I want you to visualise something, and make it as clear in your mind as possible.
In your minds eye, as clearly as you can, imagine a Kornaf.
If you need a quick reminder what that is:
A Kornaf has been around for thousands of years but has only been known to humans for the past few hundred years. Originally from the South, it quickly travelled and became popular once its unique values were better understood. Usually, it is about medium-sized. While some people like them, others have different views. Some historians estimate that for our ancestors, they presented a real danger until we found out how to control them, while others claim that they are the key to saving the world.
So what did you imagine?
Did you find it hard, or nearly impossible?
If you did, then good.
It is an essentially impossible task, because there is no such thing as a Kornaf. I made it up. And the description above is so vague as to make it impossible to associate it with anything we know from the real world.
And it serves to show that creativity is a process by which we build on our existing knowledge.
You cannot have an idea which is not based on anything which came before, because of the way your brain works.
Your brain is like a web, where previous experiences are stored in memory through neural networks, and new connections form between networks all the time.
When the brain remembers things, it can then transform or combine previous memories together to form new ideas, some of which could be valuable creative ideas.
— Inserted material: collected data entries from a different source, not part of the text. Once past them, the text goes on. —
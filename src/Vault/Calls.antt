-- ===== src/Vault/Calls.antt =====
-- vault.go: a session as a sequence of method calls. Every method takes the session's mutex on
-- entry and gives it back on return, and each call is one step here. Vault.Goroutines has the steps
-- of each, with goroutines that come between.
pub mod Failed
pub mod Entries
pub mod Sound
pub mod Preserved
pub mod Derived
pub mod DataKey
use touchvault.Base.{ℤ, Bytes, Text, Done, Option, List, [], ◌∷◌}
use touchvault.Errors.{Result}
use touchvault.Effects.{M, ◌>>=◌, pure}
use touchvault.Authenticator.{Authenticator}
use touchvault.Platform.{Platform}
use touchvault.Vault.Session.{
  Machine, read_string, lock, put, delete, enroll_key, remove_key, force_remove_key, sealed,
}

-- A call of a method of `Admin`, with its arguments. `Names` and `Slots` change nothing.
pub data Call (P : Platform) : Type 0 where
  to_read : Text → Call P
  to_lock : Call P
  to_put : Text → Option (Result Bytes) → Call P
  to_delete : Text → Call P
  to_enroll : Authenticator P.Outside → ℤ → Text → Call P
  to_remove : ℤ → Call P
  to_force_remove : ℤ → Call P
  to_seal : Call P

abbrev pub voided : {S A : Type 0} → M S A → M S Done
voided m = m >>= λ _. pure tt

module _ (P : Platform) where
  -- One call, its result left out.
  unfoldable pub perform : Call P → M (Machine P) Done
  perform (to_read name) = voided (read_string P name)
  perform to_lock = lock P
  perform (to_put name secret) = put P name secret
  perform (to_delete name) = delete P name
  perform (to_enroll auth slot label) = enroll_key P auth slot label
  perform (to_remove slot) = remove_key P slot
  perform (to_force_remove slot) = force_remove_key P slot
  perform to_seal = voided (sealed P)

  -- Calls one after the other, whether they succeed or fail.
  unfoldable pub perform_all : List (Call P) → Machine P → Machine P
  perform_all [] m = m
  perform_all (c ∷ cs) m = perform_all cs (perform c m).1

-- The states that calls lead to, whether they succeed or fail.
pub data Reach {P : Platform} (m : Machine P) : Machine P → Type 0 where
  here : Reach m m
  next : {n : Machine P} (c : Call P) → Reach m n → Reach m (perform P c n).1
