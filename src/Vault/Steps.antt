-- ===== src/Vault/Steps.antt =====
-- vault.go: the methods of a session between `s.mu.Lock()` and the return, as the steps in which
-- they read the session, call what is outside of it, and write it. A step reads the session as it
-- is then, whoever has written it.
pub mod Alone
use touchvault.Base.{ℤ, Bytes, Text, Done, Bool, Option, none, some, List, [], ◌∷◌, ◌++◌, ℕ}
use touchvault.Base.{zero, suc, is_empty, is_negative, list_eq, nat_Eq, not, bool_ne}
use touchvault.Base.{if◌then◌else◌}
use touchvault.Errors
use touchvault.Errors.{
  Result, locked, no_such_secret, name_required, value_required, negative_slot, already_enrolled,
  no_such_slot, last_key, user_verification_mismatch,
}
use touchvault.Effects.Programs.{
  Prog, ◌>>=◌, ◌>>◌, atomic, gets, modify, pure, or_raise, raise_if, try,
}
use touchvault.Authenticator.{Authenticator}
use touchvault.Platform.{Platform}
use touchvault.World.{World}
use touchvault.Sealed.Document.{SealedVault, SealedSecret}
use touchvault.Sealed.Find.{find_key, find_secret, slot_occupied, uv_requirement}
use touchvault.Sealed.Listing.{SlotInfo, names, slots}
use touchvault.Sealed.Parse.{marshal}
use touchvault.Crypto.Pure.{open_secret, zero_bytes}
use touchvault.Crypto.Seal.{seal_secret, wrap_data_key}
use touchvault.Entropy.{verify_derivation_depends_on_salt}
use touchvault.Vault.Options.{Session, default_label}
use touchvault.Vault.Create.{enroll_and_derive}
use touchvault.Vault.Session.{
  Machine, SecretReader, new_reader, read_all, key, keys_without, is_enrolled, has_one, on_world,
  set_secrets, set_keys,
}

-- The index at which the loops of `Put` and `Delete` stop.
unfoldable pub index_of : Text → List SealedSecret → Option ℕ
index_of name [] = none
index_of name (s ∷ ss) =
    let rest = index_of name ss in
    if list_eq s.name name then some 0 else elim rest [ none ↦ none | some i ↦ some (suc i) ]

-- `s.doc.Secrets[i] = entry`
unfoldable pub set_at : ℕ → SealedSecret → List SealedSecret → List SealedSecret
set_at i entry [] = []
set_at zero entry (s ∷ ss) = entry ∷ ss
set_at (suc i) entry (s ∷ ss) = s ∷ set_at i entry ss

-- `append(s.doc.Secrets[:i], s.doc.Secrets[i+1:]...)`
unfoldable pub remove_at : ℕ → List SealedSecret → List SealedSecret
remove_at i [] = []
remove_at zero (s ∷ ss) = ss
remove_at (suc i) (s ∷ ss) = s ∷ remove_at i ss

unfoldable pub store_entry : Option ℕ → SealedSecret → List SealedSecret → List SealedSecret
store_entry none entry ss = ss ++ (entry ∷ [])
store_entry (some i) entry ss = set_at i entry ss

module _ (P : Platform) where
  abbrev pub document : Prog (Machine P) SealedVault
  document = gets λ s. s.session.doc

  abbrev pub key_step : Prog (Machine P) Bytes
  key_step = atomic (key P)

  abbrev set_data_key : Bytes → Machine P → Machine P
  set_data_key k s = record s { session = record (s.session) { data_key = k } }

  -- `Lock`: the bytes of the key are overwritten, and then it is dropped.
  unfoldable pub lock_steps : Prog (Machine P) Done
  unfolding ◌>>=◌ ◌>>◌
  lock_steps = do
    modify (λ s. set_data_key (zero_bytes s.session.data_key) s)
    modify (set_data_key [])

  -- `Names`
  unfoldable pub names_steps : Prog (Machine P) (List Text)
  names_steps = gets λ s. names s.session.doc

  -- `Slots`
  unfoldable pub slots_steps : Prog (Machine P) (List SlotInfo)
  slots_steps = gets λ s. slots s.session.doc

  -- `Sealed`
  unfoldable pub sealed_steps : Prog (Machine P) Bytes
  unfolding ◌>>=◌
  sealed_steps = do doc ← document; try (marshal P.json doc)

  -- `Open`
  unfoldable pub open_steps : Text → Prog (Machine P) SecretReader
  unfolding ◌>>=◌
  open_steps name = do
    data_key ← key_step
    doc ← document
    entry ← or_raise (find_secret doc name) no_such_secret
    doc' ← document
    plaintext ← try (open_secret P.crypto doc' data_key entry)
    pure (new_reader plaintext)

  -- `Put`: the entry is sealed, the loop looks for its place, and it is written there.
  unfoldable pub put_steps : Text → Option (Result Bytes) → Prog (Machine P) Done
  unfolding ◌>>=◌ ◌>>◌
  put_steps name secret = do
    data_key ← key_step
    raise_if (is_empty name) name_required
    reader ← or_raise secret value_required
    plaintext ← try reader
    doc ← document
    entry ← atomic (on_world P (seal_secret P doc data_key name plaintext))
    at ← gets λ s. index_of name s.session.doc.secrets
    modify λ s. set_secrets P (store_entry at entry s.session.doc.secrets) s

  -- `Delete`
  unfoldable pub delete_steps : Text → Prog (Machine P) Done
  unfolding ◌>>=◌ ◌>>◌
  delete_steps name = do
    _ ← key_step
    doc ← document
    i ← or_raise (index_of name doc.secrets) no_such_secret
    modify λ s. set_secrets P (remove_at i s.session.doc.secrets) s

  -- `EnrollKey` after its checks of the arguments.
  unfoldable pub enrolling_steps :
      Bytes → Authenticator P.Outside → ℤ → Text → Prog (Machine P) Done
  unfolding ◌>>=◌ ◌>>◌
  enrolling_steps data_key auth slot label = do
    let label' = if is_empty label then default_label else label
    uv ← gets λ s. uv_requirement s.session.doc
    doc ← document
    opts ← gets λ s. s.session.opts
    (cred, answer) ← atomic (on_world P (enroll_and_derive P auth doc opts uv))
    found ← gets λ s. find_key s.session.doc cred.credential_id
    raise_if (is_enrolled found) already_enrolled
    uv_now ← gets λ s. s.session.doc.user_verified
    raise_if (bool_ne answer.user_verified uv_now) user_verification_mismatch
    gate ← document
    atomic (
        on_world P (
          verify_derivation_depends_on_salt P auth gate.rpid cred.credential_id gate.salt
            answer.secret uv answer.user_verified))
    doc' ← document
    entry ←
        atomic
          (on_world P (wrap_data_key P doc' data_key cred.credential_id answer.secret slot label'))
    modify λ s. set_keys P (s.session.doc.keys ++ (entry ∷ [])) s

  -- `EnrollKey`
  unfoldable pub enroll_steps : Authenticator P.Outside → ℤ → Text → Prog (Machine P) Done
  unfolding ◌>>=◌ ◌>>◌
  enroll_steps auth slot label = do
    data_key ← key_step
    raise_if (is_negative slot) negative_slot
    doc ← document
    raise_if (slot_occupied doc slot) Errors.slot_occupied
    enrolling_steps data_key auth slot label

  -- `removeKey`: the entries that are kept are collected, and then written.
  unfoldable pub remove_entry_steps : ℤ → Prog (Machine P) Done
  unfolding ◌>>=◌
  remove_entry_steps slot = do
    kept ← gets λ s. keys_without slot s.session.doc.keys
    modify (set_keys P kept)

  -- `RemoveKey`
  unfoldable pub remove_steps : ℤ → Prog (Machine P) Done
  unfolding ◌>>=◌ ◌>>◌
  remove_steps slot = do
    _ ← key_step
    doc ← document
    raise_if (not (slot_occupied doc slot)) no_such_slot
    doc' ← document
    raise_if (has_one doc'.keys) last_key
    remove_entry_steps slot

  -- `ForceRemoveKey`
  unfoldable pub force_remove_steps : ℤ → Prog (Machine P) Done
  unfolding ◌>>=◌ ◌>>◌
  force_remove_steps slot = do
    _ ← key_step
    doc ← document
    raise_if (not (slot_occupied doc slot)) no_such_slot
    remove_entry_steps slot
Similar areas of the brain are used when recalling memories, as well as visualising new ideas. These new ideas are then stored as new memories (although sometimes only in short term working memory), and in turn can lead to even more new combinations with other networks.
Sometimes, this cascade can mean that a single memory can trigger a whole variety of other ideas, which in turn form an even greater number of other ideas.
For example, say you are looking for a new recipe, and you remember “apple tart”. Not only will apple tart come to your consciousness, but there will be a cascade of neural activity for “tarts” (which could trigger pastry, puff pastry, cheesy puff pastry twists) and “apple” (which could trigger orange, sweet, crunch and even iPhone, which could then trigger Facebook, Games, Text your Mom…).
So a single memory can trigger associations which nobody would have expected.
But crucially, there needs to be the initial memory (knowledge) from which the first association begins. This is why the blank page can be so hard, because there is no initial trigger to work from.
You cannot be creative without a foundation of knowledge.
This is often knowledge of a particular field or domain.
The brain needs to have a specific memory to associate with and spark divergent and convergent thinking from.
For example, it is impossible for you to write a creative poem in Japanese if you do not speak or write Japanese.
It is impossible for you to make a creative contribution in quantum physics without understanding the basics (or more likely, the cutting edge science) of quantum physics.
In creativity research, this field is known as conceptual combination, as the brain is combining concepts to form a new creative idea. (See examples from Science Direct, Creativity Research Journal)
The irony is of course that too much knowledge can stifle creativity by locking people into a set way of thinking.
But every creative idea is based on combinations and transformations of things you already knew previously.
And who knows, maybe in the future, someone will invent a Kornaf and it will have been obvious all along.